Отобрать у него нож мне не составило труда. Изящное орудие убийства, наверняка, принадлежащее Рёги. На первых порах я откровенно намеревался вонзить его ему в ногу, о чем дал понять Микии, картинно опустив взгляд вниз. Подобная затея казалась мне слишком мелочной, но он об этом не знал, поэтому забарахтался в воздухе, как пойманный заяц, стуча пятками о стену, к которой я его прижал. Тогда, ухмыльнувшись, я поднял нож к его лицу, чуть склонив голову набок, чтобы лучше видеть его глаза под очками, которые я аккуратно поднял кончиком кожа на темную всклокоченную макушку. Точнее, только один глаз. Второй, незрячий, закрытый, я выудил под копной челки, которую тоже заботливо отодвинул лезвием ножа. Но глаз уже был травмирован и не представлял особого интереса, разве что шрамом полюбоваться, но моя собственная работа не вызывала у меня ни малейшей радости, только отвращение. Это уродство не шло такому человеку, как он. Но я не остановился. Пока что моего бешенства хватало на то, чтобы доиграть эту второсортную комедию до конца, и я медленно, настолько медленно, насколько это вообще было возможно, переместил нож от одного глаза к другому, приблизив как можно ближе к целому хрусталику.
— Теперь узнаешь меня, кохай? — я не мог сдержать той плотоядной улыбки, которая против воли расползалась у меня по губам лишь от одного того чувства, что у меня в руках был еще живой, почти здоровый человек. Такого уже давно со мной не случалось.
— Кто из нас живет сумасшедшей жизнью, а? Кокуто? Знаешь, теперь я понимаю то, о чем ты говорил мне в ту ночь. Я убил человека, но забыл про свой грех и просто убежал. Я внушил себе, что ненормальному человеку можно совершать ненормальные поступки… — эти слова до сих пор жгли мне язык, но уже не так сильно, по сравнению с тем разом, когда я впервые попробовал их на вкус, спустя несколько дней после своего воскрешения. Но говорить все равно было неприятно, потому я говорил очень медленно, с печалью, но не забывал при этом скользить кончиком ножа по ресницам своего бывшего товарища, обводя веко.

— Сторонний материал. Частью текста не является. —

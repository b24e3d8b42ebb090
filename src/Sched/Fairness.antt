-- ===== src/Sched/Fairness.antt =====
-- RoundRobin.Next: the first eligible path in rotation order, none only if no path is eligible, and
-- no starvation.
use native.Mathlib.Nat.{mod-lt}
use bondify.Common.{
  ℕ, ◌+◌, ◌%◌, ◌<◌, ◌≤◌, ◌≡◌, refl, sym, ap, ◌∙◌, subst, Bool, true, false, Option, none, some,
  List, [], ◌∷◌, arith, ltb, ◌==◌, length, get_elem?, ◌⊎◌, inl, inr, Bool-cases, if_intro, All,
}
use bondify.Sched.{PathView, is_eligible, scan, past, next}
use bondify.Sched.Rotation.{passes, turn, Found, ScanFound, scan-Found, slot_lem, slot-turn}

from_zero : (n cursor k : ℕ) → (cursor + (0 + k)) % n ≡ (cursor + k) % n
from_zero n cursor k = ap (λ m. (cursor + m) % n) (omega arith)

module _ {F : Type 0} where
  abbrev pub eligible_at : List (PathView F) → ℕ → Bool
  eligible_at ps j = passes is_eligible ps j

  -- What a call of Next on at least one path comes to: an eligible path, and the cursor past it, or
  -- nothing.
  abbrev pub Picked : ℕ → List (PathView F) → Option (PathView F) → ℕ → Type 0
  Picked cursor ps none cursor' =
      (cursor' ≡ cursor) × ((j : ℕ) → j < length ps → eligible_at ps j ≡ false)
  Picked cursor ps (some p) cursor' =
      (idx : ℕ) × (cursor' ≡ past (length ps) idx)
      × (cursor' < length ps)
      × Found is_eligible ps cursor (length ps) 0 idx p

  from_scan :
      (cursor : ℕ) (ps : List (PathView F)) (r : Option (ℕ × PathView F))
      → scan is_eligible ps cursor (length ps) 0 ≡ r
      → cursor < length ps
      → ScanFound is_eligible ps cursor (length ps) 0 r
      → Picked cursor ps (next cursor ps).0 (next cursor ps).1
  unfolding next
  from_scan cursor ps none e h f =
      if_intro (λ (r : Option (PathView F) × ℕ). Picked cursor ps r.0 r.1) (length ps == 0)
        (λ z. absurd (ground arith))
        λ z. rw e (
          refl,
          λ j b.
              let (t, s) = slot-turn (length ps) cursor j h b in
              subst (λ m. eligible_at ps m ≡ false)
                (from_zero (length ps) cursor (turn (length ps) cursor j) ∙ s)
                (f (turn (length ps) cursor j) t),
        )
  from_scan cursor ps (some (idx, p)) e h f =
      if_intro (λ (r : Option (PathView F) × ℕ). Picked cursor ps r.0 r.1) (length ps == 0)
        (λ z. absurd (ground arith))
        λ z.
          let n : 0 < length ps = omega arith in
          let low = mod-lt (cursor + (0 + f.round)) n in
          rw e (idx, refl, ground (arith, f.place), f)

  -- With the cursor in range, Next on a list of paths returns the first eligible path in rotation
  -- order from the cursor and moves the cursor just past it, in range; it returns none, and leaves
  -- the cursor, only if no path is eligible.
  pub next-Picked :
      (cursor : ℕ) (ps : List (PathView F))
      → cursor < length ps
      → Picked cursor ps (next cursor ps).0 (next cursor ps).1
  next-Picked cursor ps h =
      from_scan cursor ps (scan is_eligible ps cursor (length ps) 0) refl h
        (scan-Found is_eligible ps cursor (length ps) 0 (omega arith))

  -- Does one of the calls of Next, on the snapshots in turn, return the path at index `j`?
  abbrev pub Served : ℕ → ℕ → List (List (PathView F)) → Type 0
  Served j cursor [] = ⊥
  Served j cursor (ps ∷ rest) =
      ((next cursor ps).0 ≡ get_elem? ps j) ⊎ Served j (next cursor ps).1 rest

  -- The path at `j` is chosen, or its turn comes nearer.
  nearer :
      (j cursor : ℕ) (ps : List (PathView F)) (r : Option (PathView F)) (cursor' : ℕ)
      → Picked cursor ps r cursor'
      → cursor < length ps
      → j < length ps
      → eligible_at ps j ≡ true
      → (r ≡ get_elem? ps j)
        ⊎ ((cursor' < length ps) × (turn (length ps) cursor' j < turn (length ps) cursor j))
  nearer j cursor ps none cursor' p hc hj e = absurd (let f = p.1 j hj in cc)
  nearer j cursor ps (some q) cursor' (idx, moved, low, f) hc hj e =
      let (tb, ts) = slot-turn (length ps) cursor j hc hj in
      let t = turn (length ps) cursor j in
      elim (Bool-cases (f.round == t)) [
        | inl same ↦
            let here : idx ≡ j = f.place ∙ ap (λ m. (cursor + m) % length ps) (ground arith) ∙ ts in
            inl (subst (λ m. some q ≡ get_elem? ps m) here (sym f.entry))
        | inr other ↦ elim (Bool-cases (ltb t f.round)) [
          | inl after ↦
              let s = f.skipped t (ground arith) in
              absurd (
                let g =
                  subst (λ m. eligible_at ps m ≡ false) (from_zero (length ps) cursor t ∙ ts) s in
                cc)
          | inr before ↦
              let place =
                f.place
                ∙ from_zero (length ps) cursor f.round
                ∙ slot_lem (length ps) cursor f.round hc f.bound in
              inr (low, ground arith)
        ]
      ]

  turn_comes :
      (j n cursor : ℕ) (snapshots : List (List (PathView F)))
      → All (λ ps. (length ps ≡ n) × (eligible_at ps j ≡ true)) snapshots
      → j < n
      → cursor < n
      → turn n cursor j < length snapshots
      → Served j cursor snapshots
  turn_comes j n cursor [] a hj hc h = absurd (omega arith)
  turn_comes j n cursor (ps ∷ rest) ((len, e), more) hj hc h =
      let c : cursor < length ps = omega arith in
      elim (nearer j cursor ps (next cursor ps).0 (next cursor ps).1 (next-Picked cursor ps c) c
        (omega arith) e) [
          | inl got ↦ inl got
          | inr (low, near) ↦
              inr (turn_comes j n (next cursor ps).1 rest more hj (omega arith) (ground arith))
        ]

  -- Round robin starves no path: from a cursor in range, while the number of paths stays `n` and the path at index `j` stays
  -- eligible, whatever the other paths do, one of `n` calls in a row returns it.
  pub no_starvation :
      (j n cursor : ℕ) (snapshots : List (List (PathView F)))
      → All (λ ps. (length ps ≡ n) × (eligible_at ps j ≡ true)) snapshots
      → j < n
      → cursor < n
      → n ≤ length snapshots
      → Served j cursor snapshots
  no_starvation j n cursor snapshots a hj hc h =
      turn_comes j n cursor snapshots a hj hc (omega (arith, (slot-turn n cursor j hc hj).0))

— Я не знаю той боли, что испытала Шики. И я не стану таким, как она. Но я полная ее противоположность, как ты говорил. Я совершил убийства, но не могу покаяться в своих грехах? Я никогда не стану ни убийцей, ни маньяком? Вот кто я такой на самом деле, да, Кокуто? — перекрутив нож в пальцах, я занес руку с опущенным вертикально вниз лезвием ножа, ровно над глазом Микии, а затем резко опустил его.
Парень выдохнул от ужаса, но только воздух чиркнул по его лицу.
— Если честно, меня уже просто тошнит от этих разговоров и воспоминаний. Не самый умный мой поступок, далеко не самый умный… — я разжал пальцы, выпуская его футболку, отчего Кокуто тяжело плюхнулся обратно на пол. А я опустился на корточки перед ним, рассеянно почесав затылок кончиком лезвия ножа. Кровь просто кипела в венах, возбуждение от несостоявшегося убийства все звенело во мне, но рассудок мой был вполне чист и мне не стоило почти никакого труда взять себя в руки и не избавить Кокуто от еще одного глаза.